PUNCHING IN: Labor Nominee Votes—Take Two


Monday morning musings for workplace watchers 

By Chris Opfer and Ben Penn


Senate to HELP Staff Up Labor Dept. | Good Things for Giggers? | Who Lands Randy?

Ben Penn: The Senate HELP Committee was apparently so eager to advance a package of Labor Department nominees back to the floor that it announced a vote was taking place Jan. 11, before the White House had even made the renominations official.

All the same, one has to imagine that Pat Pizzella (deputy secretary), Cheryl Stanton (wage and hour administrator), Scott Mugno (assistant secretary of occupational safety and health), and William Beach (commissioner of labor statistics) will all be OK’d on party-line votes when the Republican-majority committee meets Thursday.

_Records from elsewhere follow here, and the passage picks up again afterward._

-- ===== src/ByteBuffer/Append.antt =====
-- What the appending operations of common/ByteBuffer.h leave in the buffer, and that the reads
-- of the same header give it back.
use morfeusz.Base.{
  ℕ, suc, ◌+◌, ◌-◌, ◌^◌, ◌≤◌, ◌<◌, ◌≡◌, refl, sym, ap, ◌∙◌, inl, inr, List, [], ◌∷◌, ◌++◌,
  append_assoc, append-nil, Option, some, ◌>>=◌, ltb, Bool-cases, lt→ltb, le→ltb, arith, length,
  take, drop, replicate, take_all, drop_all, take-append_length, drop-append_length, length-append,
  length-take, length-drop, length-replicate, le_bytes, length-le_bytes,
}
use morfeusz.Endian.{Host, endian_convert-store, load-endian_convert}
use morfeusz.ByteBuffer.{
  ByteBuffer, resize_to, write_at, block, size, append_bytes, append, append_string, append_buffer,
  read_at,
}

-- A buffer that is written at its end.
abbrev pub filled : List ℕ → ℕ → ByteBuffer
filled bs r = record { storage = bs; rpos = r; wpos = length bs }

pub length-resize_to : (n : ℕ) (xs : List ℕ) → length (resize_to n xs) ≡ n
unfolding resize_to
length-resize_to n xs = omega (
  arith,
  length-append (take n xs) (replicate (n - length xs) 0),
  length-take n xs,
  length-replicate {A = ℕ} (n - length xs) 0,
)

pub length-write_at :
    (xs : List ℕ) (pos : ℕ) (src : List ℕ)
    → pos + length src ≤ length xs
    → length (write_at xs pos src) ≡ length xs
unfolding write_at
length-write_at xs pos src h = omega (
  arith,
  length-append (take pos xs) (src ++ drop (pos + length src) xs),
  length-append src (drop (pos + length src) xs),
  length-take pos xs,
  length-drop (pos + length src) xs,
)

take-append_below : (n : ℕ) (xs ys : List ℕ) → n ≡ length xs → take n (xs ++ ys) ≡ xs
take-append_below n xs ys e = rw e (take-append_length xs ys)

drop-append_below : (n : ℕ) (xs ys : List ℕ) → n ≡ length xs → drop n (xs ++ ys) ≡ ys
drop-append_below n xs ys e = rw e (drop-append_length xs ys)

-- What memcpy put there is read there.
pub block-write_at :
    (xs : List ℕ) (pos : ℕ) (src : List ℕ)
    → pos + length src ≤ length xs
    → block (write_at xs pos src) pos (length src) ≡ src
unfolding block write_at
block-write_at xs pos src h =
    rw
      (drop-append_below pos (take pos xs) (src ++ drop (pos + length src) xs)
        (omega (arith, length-take pos xs)))
      (take-append_length src _)

write_at_end :
    (bs src : List ℕ) → write_at (resize_to (length bs + length src) bs) (length bs) src ≡ bs ++ src
unfolding write_at resize_to
write_at_end bs src =
    rw
      (
        take_all (length bs + length src) bs (omega arith),
        take-append_length bs (replicate (length bs + length src - length bs) 0),
        drop_all (length bs + length src) (bs ++ replicate (length bs + length src - length bs) 0) (
            omega (
              arith,
              length-append bs (replicate {A = ℕ} (length bs + length src - length bs) 0),
              length-replicate {A = ℕ} (length bs + length src - length bs) 0,
            )),
      )
      (ap (◌++◌ bs) (append-nil src))

-- At the end of the buffer an append adds the bytes, as long as the buffer is below the limit.
pub append_bytes-filled :
    (bs src : List ℕ) (r : ℕ)
    → length bs < 10000000
    → append_bytes src (filled bs r) ≡ some (filled (bs ++ src) r)
unfolding append_bytes
append_bytes-filled bs [] r h = ap (λ s. some (filled s r)) (sym (append-nil bs))
append_bytes-filled bs (c ∷ src) r h =
    rw
      (
        lt→ltb (length bs) (length bs + suc (length src)) (omega arith),
        lt→ltb (length bs) 10000000 h,
        write_at_end bs (c ∷ src),
        sym (length-append bs (c ∷ src)),
      )
      (ground arith)

-- `f` appends exactly `bs`, at the end of any buffer that stays below the limit.
abbrev pub Writes : (ByteBuffer → Option ByteBuffer) → List ℕ → Type 0
Writes f bs =
    (ys : List ℕ) (r : ℕ)
    → length ys + length bs < 10000000
    → f (filled ys r) ≡ some (filled (ys ++ bs) r)

pub append_bytes-Writes : (src : List ℕ) → Writes (append_bytes src) src
append_bytes-Writes src ys r h = append_bytes-filled ys src r (omega arith)

-- An integer is appended as its little-endian bytes, whatever the machine.
pub append-Writes : (host : Host) (n v : ℕ) → Writes (append host n v) (le_bytes n v)
unfolding append
append-Writes host n v ys r h =
    rw ((endian_convert-store host n v).0) (append_bytes-Writes (le_bytes n v) ys r h)

pub Writes-bind :
    (f g : ByteBuffer → Option ByteBuffer) (xs zs : List ℕ)
    → Writes f xs
    → Writes g zs
    → Writes (λ b. f b >>= g) (xs ++ zs)
Writes-bind f g xs zs hf hg ys r h =
    rw (hf ys r (omega (arith, length-append xs zs)), ◌>>=◌)
      (hg (ys ++ xs) r (omega (arith, length-append xs zs, length-append ys xs))
        ∙ ap (λ s. some (filled s r)) (append_assoc ys xs zs))

pub append_string-Writes :
    (host : Host) (text : List ℕ) → Writes (append_string host text) (text ++ 0 ∷ [])
unfolding append_string
append_string-Writes host text =
    Writes-bind (append_bytes text) (append host 1 0) text (0 ∷ []) (append_bytes-Writes text)
      zero_byte
  where
    zero_byte : Writes (append host 1 0) (0 ∷ [])
    zero_byte = unfold le_bytes in append-Writes host 1 0

pub Writes-nil : Writes (λ b. some b) []
Writes-nil ys r h = ap (λ s. some (filled s r)) (sym (append-nil ys))

pub append_buffer-Writes : (other : ByteBuffer) → Writes (append_buffer other) other.storage
unfolding append_buffer
append_buffer-Writes other ys r h = cases other.storage refl
  where
    cases :
        (s : List ℕ)
        → other.storage ≡ s
        → append_buffer other (filled ys r) ≡ some (filled (ys ++ other.storage) r)
    cases [] e = rw e (Writes-nil ys r (omega (arith, ap length e)))
    cases (c ∷ s) e =
        rw e (ground (arith, append_bytes-Writes (c ∷ s) ys r (omega (arith, ap length e))))

-- What an append of at least one byte does, wherever the write position stands.
append_bytes_inv :
    (src : List ℕ) (b b' : ByteBuffer)
    → 0 < length src
    → append_bytes src b ≡ some b'
    → (block b'.storage b.wpos (length src) ≡ src)
      × (b'.wpos ≡ b.wpos + length src)
      × (b'.rpos ≡ b.rpos)
      × (b.wpos + length src ≤ size b')
unfolding append_bytes
append_bytes_inv src b b' pos e = elim (Bool-cases (ltb (size b) (b.wpos + length src))) [
  | inl grows ↦
      finish (resize_to (b.wpos + length src) b.storage)
        (omega (arith, length-resize_to (b.wpos + length src) b.storage)) (ground arith)
  | inr fits ↦ finish b.storage (ground arith) (ground arith)
]
  where
    finish :
        (g : List ℕ)
        → b.wpos + length src ≤ length g
        → b' ≡ record b { storage = write_at g b.wpos src; wpos = b.wpos + length src }
        → (block b'.storage b.wpos (length src) ≡ src)
          × (b'.wpos ≡ b.wpos + length src)
          × (b'.rpos ≡ b.rpos)
          × (b.wpos + length src ≤ size b')
    finish g h q =
        rw q
          (block-write_at g b.wpos src h, refl, refl, omega (arith, length-write_at g b.wpos src h))

-- A value is read back at the place where it was appended, on any machine, wherever the write
-- position stood.
pub read_at-append :
    (host : Host) (n v : ℕ) (b b' : ByteBuffer)
    → 0 < n
    → v < 256 ^ n
    → append host n v b ≡ some b'
    → (read_at host b.wpos n b' ≡ some v) × (b'.wpos ≡ b.wpos + n) × (b'.rpos ≡ b.rpos)
unfolding append read_at
read_at-append host n v b b' pos fits e = ground (
  arith,
  append_bytes_inv (le_bytes n v) b b' (omega (arith, length-le_bytes n v))
      (rw (← (endian_convert-store host n v).0) e),
  length-le_bytes n v,
  load-endian_convert host n v fits,
)

-- An integer is appended as its little-endian bytes, wherever the write position stands.
pub append-le_bytes :
    (host : Host) (n v : ℕ) (b : ByteBuffer) → append host n v b ≡ append_bytes (le_bytes n v) b
unfolding append
append-le_bytes host n v b = rw ((endian_convert-store host n v).0)

-- Two bytes written over the first two of a buffer.
pub append_front :
    (host : Host) (v x y : ℕ) (rest : List ℕ) (r : ℕ)
    → length rest < 9999998
    → append host 2 v (record { storage = x ∷ y ∷ rest; rpos = r; wpos = 0 })
      ≡ some (record { storage = le_bytes 2 v ++ rest; rpos = r; wpos = 2 })
unfolding append_bytes le_bytes write_at
append_front host v x y rest r h =
    rw
      (
        append-le_bytes host 2 v,
        le→ltb (suc (suc (length rest))) 2 (omega arith),
        lt→ltb (suc (suc (length rest))) 10000000 (omega arith),
      )
      refl

-- Two bytes written at offset two of an empty buffer.
pub append_gap :
    (host : Host) (v : ℕ)
    → append host 2 v (record { storage = []; rpos = 0; wpos = 2 })
      ≡ some (record { storage = 0 ∷ 0 ∷ le_bytes 2 v; rpos = 0; wpos = 4 })
unfolding append_bytes le_bytes write_at resize_to
append_gap host v = rw (append-le_bytes host 2 v) refl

What happens after that is far harder to predict.

Some of the same competing priorities that kept the full Senate from voting on these nominees in 2017 remain factors this year. The tax bill’s done, but a DACA fix and government spending negotiations are still poised to delay the confirmation votes into February or later.

Tyrone Richardson and I will be breaking down what that means for agency operations, later this week. 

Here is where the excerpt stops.